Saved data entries
+ + +

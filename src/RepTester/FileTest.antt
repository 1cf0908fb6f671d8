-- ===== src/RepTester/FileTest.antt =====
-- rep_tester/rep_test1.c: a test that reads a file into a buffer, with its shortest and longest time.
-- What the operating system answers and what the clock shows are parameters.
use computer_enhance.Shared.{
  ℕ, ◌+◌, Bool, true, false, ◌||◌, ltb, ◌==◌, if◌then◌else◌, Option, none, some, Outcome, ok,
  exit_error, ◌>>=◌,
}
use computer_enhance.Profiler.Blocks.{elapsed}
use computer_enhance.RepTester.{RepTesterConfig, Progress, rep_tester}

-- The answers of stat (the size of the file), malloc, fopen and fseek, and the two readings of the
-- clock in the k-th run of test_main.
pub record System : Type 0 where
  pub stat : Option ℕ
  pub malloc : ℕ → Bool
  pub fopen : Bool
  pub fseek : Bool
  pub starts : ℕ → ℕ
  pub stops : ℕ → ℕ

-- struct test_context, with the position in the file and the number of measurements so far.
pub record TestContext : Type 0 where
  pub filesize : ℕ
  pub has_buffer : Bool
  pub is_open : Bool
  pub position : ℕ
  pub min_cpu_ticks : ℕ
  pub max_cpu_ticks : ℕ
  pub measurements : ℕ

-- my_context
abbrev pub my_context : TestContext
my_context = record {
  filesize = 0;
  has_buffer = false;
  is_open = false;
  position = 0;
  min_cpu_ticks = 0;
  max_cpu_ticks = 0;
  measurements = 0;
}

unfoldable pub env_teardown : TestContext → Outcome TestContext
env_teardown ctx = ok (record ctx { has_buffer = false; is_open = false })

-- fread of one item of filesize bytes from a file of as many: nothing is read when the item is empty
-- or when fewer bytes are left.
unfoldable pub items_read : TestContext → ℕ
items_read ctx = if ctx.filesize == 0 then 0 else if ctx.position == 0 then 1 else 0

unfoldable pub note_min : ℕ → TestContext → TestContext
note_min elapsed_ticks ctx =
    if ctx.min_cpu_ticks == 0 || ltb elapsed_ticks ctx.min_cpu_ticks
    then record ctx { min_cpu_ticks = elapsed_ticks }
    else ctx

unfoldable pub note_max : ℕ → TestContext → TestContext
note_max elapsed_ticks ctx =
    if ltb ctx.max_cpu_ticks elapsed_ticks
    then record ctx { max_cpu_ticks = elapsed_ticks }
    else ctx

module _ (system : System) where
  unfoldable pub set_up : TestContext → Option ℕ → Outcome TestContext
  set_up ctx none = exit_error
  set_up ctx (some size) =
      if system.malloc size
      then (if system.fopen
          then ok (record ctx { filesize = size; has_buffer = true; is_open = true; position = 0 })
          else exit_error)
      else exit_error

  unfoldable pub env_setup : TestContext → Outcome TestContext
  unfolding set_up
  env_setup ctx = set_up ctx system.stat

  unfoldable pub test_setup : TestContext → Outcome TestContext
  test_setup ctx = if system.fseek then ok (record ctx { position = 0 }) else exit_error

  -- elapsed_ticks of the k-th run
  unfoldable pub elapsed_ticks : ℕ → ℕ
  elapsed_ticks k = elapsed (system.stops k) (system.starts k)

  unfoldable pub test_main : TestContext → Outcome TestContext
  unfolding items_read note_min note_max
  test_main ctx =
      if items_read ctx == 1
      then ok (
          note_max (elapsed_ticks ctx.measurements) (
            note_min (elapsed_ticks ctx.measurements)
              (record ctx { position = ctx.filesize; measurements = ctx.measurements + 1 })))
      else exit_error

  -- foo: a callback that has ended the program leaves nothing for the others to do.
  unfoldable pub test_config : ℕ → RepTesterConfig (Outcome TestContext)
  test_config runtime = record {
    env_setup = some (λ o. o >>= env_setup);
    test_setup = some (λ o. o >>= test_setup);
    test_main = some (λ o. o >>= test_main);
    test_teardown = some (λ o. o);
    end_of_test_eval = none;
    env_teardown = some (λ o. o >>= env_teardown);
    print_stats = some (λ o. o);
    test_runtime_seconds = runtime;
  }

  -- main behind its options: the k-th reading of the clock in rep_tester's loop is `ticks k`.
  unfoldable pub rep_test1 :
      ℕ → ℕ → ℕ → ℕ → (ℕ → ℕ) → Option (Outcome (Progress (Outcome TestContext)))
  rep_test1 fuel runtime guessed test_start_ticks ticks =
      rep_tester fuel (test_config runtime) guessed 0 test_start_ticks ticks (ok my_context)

+ + +

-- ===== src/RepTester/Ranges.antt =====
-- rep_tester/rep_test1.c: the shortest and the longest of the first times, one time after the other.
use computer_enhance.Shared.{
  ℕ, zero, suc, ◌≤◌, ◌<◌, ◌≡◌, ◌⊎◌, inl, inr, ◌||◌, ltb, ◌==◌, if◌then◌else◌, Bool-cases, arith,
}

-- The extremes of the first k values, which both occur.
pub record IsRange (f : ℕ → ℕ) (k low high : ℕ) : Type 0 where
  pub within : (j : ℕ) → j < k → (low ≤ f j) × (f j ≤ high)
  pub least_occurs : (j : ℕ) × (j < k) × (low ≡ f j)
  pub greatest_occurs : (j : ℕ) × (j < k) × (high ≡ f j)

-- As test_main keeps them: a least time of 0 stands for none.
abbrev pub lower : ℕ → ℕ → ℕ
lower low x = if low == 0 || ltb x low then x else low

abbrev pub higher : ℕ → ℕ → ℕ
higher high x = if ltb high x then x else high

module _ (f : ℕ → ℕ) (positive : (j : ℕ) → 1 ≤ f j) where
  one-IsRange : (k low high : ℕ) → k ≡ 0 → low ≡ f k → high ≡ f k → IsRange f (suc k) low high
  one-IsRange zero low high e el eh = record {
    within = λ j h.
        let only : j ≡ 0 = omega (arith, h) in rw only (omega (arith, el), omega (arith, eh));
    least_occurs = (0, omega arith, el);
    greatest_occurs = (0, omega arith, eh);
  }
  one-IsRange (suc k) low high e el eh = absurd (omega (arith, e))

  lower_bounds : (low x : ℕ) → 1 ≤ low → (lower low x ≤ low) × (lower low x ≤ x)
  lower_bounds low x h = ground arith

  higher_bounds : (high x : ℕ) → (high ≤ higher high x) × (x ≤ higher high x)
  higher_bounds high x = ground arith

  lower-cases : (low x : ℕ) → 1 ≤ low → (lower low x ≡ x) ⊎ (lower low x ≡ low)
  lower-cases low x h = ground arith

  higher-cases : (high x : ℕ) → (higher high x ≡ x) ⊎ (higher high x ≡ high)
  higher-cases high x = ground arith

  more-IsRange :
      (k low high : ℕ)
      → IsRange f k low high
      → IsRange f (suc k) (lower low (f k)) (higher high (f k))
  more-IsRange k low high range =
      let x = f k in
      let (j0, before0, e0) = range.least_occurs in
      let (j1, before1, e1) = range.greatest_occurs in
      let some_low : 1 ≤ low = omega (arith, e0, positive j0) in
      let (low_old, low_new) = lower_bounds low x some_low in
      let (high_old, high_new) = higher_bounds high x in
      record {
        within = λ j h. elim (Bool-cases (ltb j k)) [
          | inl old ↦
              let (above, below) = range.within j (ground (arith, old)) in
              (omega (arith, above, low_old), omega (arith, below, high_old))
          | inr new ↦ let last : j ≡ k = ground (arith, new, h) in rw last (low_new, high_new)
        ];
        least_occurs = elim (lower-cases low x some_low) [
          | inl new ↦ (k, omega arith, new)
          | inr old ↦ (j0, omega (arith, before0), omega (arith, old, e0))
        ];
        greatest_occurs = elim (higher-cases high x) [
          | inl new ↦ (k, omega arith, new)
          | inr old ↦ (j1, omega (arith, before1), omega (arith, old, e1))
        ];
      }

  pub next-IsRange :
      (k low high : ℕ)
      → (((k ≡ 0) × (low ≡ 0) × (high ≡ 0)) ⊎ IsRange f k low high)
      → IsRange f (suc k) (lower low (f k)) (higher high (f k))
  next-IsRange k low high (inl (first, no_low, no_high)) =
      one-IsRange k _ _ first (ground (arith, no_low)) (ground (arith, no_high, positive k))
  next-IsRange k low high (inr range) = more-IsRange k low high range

+ + +

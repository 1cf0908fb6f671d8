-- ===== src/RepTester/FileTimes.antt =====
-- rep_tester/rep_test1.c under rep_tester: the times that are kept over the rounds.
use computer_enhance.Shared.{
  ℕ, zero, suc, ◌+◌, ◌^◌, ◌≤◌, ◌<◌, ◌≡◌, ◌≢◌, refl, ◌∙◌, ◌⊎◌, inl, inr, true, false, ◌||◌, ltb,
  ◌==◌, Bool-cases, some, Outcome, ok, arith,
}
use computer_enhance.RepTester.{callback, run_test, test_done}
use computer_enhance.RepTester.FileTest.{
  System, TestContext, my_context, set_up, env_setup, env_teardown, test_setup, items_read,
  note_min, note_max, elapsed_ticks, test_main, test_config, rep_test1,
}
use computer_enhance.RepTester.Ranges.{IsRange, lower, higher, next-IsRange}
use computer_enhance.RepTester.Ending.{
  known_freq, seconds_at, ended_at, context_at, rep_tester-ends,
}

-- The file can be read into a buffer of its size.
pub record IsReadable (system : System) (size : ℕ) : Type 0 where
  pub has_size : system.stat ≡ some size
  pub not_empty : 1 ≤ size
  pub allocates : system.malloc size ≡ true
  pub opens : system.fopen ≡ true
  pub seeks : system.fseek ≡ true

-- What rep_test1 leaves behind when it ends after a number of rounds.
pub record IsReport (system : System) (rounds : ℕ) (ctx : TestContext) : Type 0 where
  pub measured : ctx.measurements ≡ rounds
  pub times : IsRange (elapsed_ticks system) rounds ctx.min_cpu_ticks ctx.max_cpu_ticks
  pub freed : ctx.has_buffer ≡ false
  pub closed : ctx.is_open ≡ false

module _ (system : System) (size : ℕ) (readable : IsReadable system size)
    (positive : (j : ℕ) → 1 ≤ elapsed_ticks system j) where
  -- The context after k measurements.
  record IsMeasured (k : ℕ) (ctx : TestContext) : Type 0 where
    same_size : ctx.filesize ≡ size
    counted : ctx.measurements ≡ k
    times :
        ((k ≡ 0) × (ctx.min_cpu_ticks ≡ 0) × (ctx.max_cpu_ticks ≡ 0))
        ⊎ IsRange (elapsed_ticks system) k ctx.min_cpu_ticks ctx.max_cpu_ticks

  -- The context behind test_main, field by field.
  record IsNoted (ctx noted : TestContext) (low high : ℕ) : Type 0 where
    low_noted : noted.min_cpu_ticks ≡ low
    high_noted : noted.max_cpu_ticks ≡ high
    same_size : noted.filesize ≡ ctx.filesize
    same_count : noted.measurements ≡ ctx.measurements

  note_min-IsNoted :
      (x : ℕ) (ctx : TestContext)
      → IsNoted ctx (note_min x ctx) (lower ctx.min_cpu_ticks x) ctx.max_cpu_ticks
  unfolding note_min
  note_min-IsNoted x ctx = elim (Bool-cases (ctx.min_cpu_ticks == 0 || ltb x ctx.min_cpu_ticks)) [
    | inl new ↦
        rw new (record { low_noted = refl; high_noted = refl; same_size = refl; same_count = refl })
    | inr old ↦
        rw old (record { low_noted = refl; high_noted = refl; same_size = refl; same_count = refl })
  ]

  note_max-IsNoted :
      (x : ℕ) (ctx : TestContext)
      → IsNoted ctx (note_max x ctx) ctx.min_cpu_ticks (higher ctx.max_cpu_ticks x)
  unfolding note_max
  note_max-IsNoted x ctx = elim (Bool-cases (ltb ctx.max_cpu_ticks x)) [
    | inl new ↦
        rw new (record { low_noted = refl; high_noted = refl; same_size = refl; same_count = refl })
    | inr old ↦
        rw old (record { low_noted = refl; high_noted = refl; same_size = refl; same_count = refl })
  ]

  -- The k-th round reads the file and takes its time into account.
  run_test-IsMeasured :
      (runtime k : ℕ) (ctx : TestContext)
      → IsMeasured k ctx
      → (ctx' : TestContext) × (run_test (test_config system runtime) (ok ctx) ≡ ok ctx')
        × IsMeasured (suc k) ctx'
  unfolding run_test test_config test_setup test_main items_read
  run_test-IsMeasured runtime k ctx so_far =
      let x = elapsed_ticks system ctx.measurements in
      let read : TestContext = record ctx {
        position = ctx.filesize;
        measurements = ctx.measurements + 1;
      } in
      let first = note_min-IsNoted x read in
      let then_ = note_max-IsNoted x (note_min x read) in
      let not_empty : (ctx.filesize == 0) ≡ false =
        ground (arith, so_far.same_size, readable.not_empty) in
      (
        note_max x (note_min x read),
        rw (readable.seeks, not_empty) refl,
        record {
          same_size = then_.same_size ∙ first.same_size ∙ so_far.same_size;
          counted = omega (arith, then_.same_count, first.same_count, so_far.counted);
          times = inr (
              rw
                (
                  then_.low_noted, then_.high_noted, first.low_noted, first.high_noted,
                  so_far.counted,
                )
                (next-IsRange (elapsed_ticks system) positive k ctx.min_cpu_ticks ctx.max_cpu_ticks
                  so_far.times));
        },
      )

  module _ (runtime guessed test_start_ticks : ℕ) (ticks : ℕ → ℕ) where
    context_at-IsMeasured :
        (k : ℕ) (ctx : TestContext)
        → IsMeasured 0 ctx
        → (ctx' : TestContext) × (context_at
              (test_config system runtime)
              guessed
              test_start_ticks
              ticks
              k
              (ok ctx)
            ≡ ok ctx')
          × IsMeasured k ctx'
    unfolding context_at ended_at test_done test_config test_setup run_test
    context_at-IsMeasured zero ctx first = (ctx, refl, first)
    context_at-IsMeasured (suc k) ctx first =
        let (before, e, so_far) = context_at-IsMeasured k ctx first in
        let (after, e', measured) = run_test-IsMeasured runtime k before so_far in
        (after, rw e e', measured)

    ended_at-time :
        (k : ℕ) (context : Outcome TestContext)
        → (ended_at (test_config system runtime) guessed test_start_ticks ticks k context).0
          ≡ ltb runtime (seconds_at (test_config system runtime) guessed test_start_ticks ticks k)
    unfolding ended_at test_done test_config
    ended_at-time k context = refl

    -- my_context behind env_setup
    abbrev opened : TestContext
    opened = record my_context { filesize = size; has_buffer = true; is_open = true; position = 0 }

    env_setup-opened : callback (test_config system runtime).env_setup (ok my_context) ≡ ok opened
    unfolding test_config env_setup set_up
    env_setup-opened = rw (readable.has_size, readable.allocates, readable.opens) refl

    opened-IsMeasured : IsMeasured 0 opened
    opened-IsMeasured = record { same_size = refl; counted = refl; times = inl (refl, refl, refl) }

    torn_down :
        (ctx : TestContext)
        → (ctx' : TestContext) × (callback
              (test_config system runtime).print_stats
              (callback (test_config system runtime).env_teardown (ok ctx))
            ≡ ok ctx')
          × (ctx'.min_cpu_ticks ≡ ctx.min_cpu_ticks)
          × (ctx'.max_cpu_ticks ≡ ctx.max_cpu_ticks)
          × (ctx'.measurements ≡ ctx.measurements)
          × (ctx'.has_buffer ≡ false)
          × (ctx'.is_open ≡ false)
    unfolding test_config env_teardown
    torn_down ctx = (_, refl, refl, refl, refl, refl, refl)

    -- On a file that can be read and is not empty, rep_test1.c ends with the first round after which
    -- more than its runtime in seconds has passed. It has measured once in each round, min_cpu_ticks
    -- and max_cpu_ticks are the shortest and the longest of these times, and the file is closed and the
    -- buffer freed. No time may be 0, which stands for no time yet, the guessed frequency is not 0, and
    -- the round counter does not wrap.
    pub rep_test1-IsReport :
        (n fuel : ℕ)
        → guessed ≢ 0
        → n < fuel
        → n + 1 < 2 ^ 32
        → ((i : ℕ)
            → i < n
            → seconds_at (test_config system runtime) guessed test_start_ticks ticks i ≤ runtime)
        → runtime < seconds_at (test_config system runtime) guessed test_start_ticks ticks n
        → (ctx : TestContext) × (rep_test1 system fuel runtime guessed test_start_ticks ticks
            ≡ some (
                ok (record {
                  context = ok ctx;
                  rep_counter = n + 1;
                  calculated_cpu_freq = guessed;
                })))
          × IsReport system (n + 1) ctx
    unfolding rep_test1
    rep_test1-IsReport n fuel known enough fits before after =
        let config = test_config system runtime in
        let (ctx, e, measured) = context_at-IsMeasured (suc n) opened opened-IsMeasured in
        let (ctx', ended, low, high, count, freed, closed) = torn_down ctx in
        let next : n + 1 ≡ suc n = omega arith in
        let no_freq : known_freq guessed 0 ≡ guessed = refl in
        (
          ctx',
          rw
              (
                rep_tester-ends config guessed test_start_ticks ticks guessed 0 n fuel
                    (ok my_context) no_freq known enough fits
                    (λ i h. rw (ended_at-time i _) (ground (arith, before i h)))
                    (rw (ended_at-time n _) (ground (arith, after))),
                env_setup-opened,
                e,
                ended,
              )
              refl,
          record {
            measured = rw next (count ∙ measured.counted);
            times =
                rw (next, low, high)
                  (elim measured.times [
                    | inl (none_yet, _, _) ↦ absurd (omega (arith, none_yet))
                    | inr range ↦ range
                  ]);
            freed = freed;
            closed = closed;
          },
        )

+ + +

Look through the entries above and quote exactly the lines from the line with "filename src/RepTester/FileTest.antt" to the line with "-- struct test_context, with", counting both of those lines.

filename src/RepTester/FileTest.antt
repository 1cf0908fb6f671d8
-- ===== src/RepTester/FileTest.antt =====
-- rep_tester/rep_test1.c: a test that reads a file into a buffer, with its shortest and longest time.
-- What the operating system answers and what the clock shows are parameters.
use computer_enhance.Shared.{
  ℕ, ◌+◌, Bool, true, false, ◌||◌, ltb, ◌==◌, if◌then◌else◌, Option, none, some, Outcome, ok,
  exit_error, ◌>>=◌,
}
use computer_enhance.Profiler.Blocks.{elapsed}
use computer_enhance.RepTester.{RepTesterConfig, Progress, rep_tester}

-- The answers of stat (the size of the file), malloc, fopen and fseek, and the two readings of the
-- clock in the k-th run of test_main.
pub record System : Type 0 where
  pub stat : Option ℕ
  pub malloc : ℕ → Bool
  pub fopen : Bool
  pub fseek : Bool
  pub starts : ℕ → ℕ
  pub stops : ℕ → ℕ

-- struct test_context, with the position in the file and the number of measurements so far.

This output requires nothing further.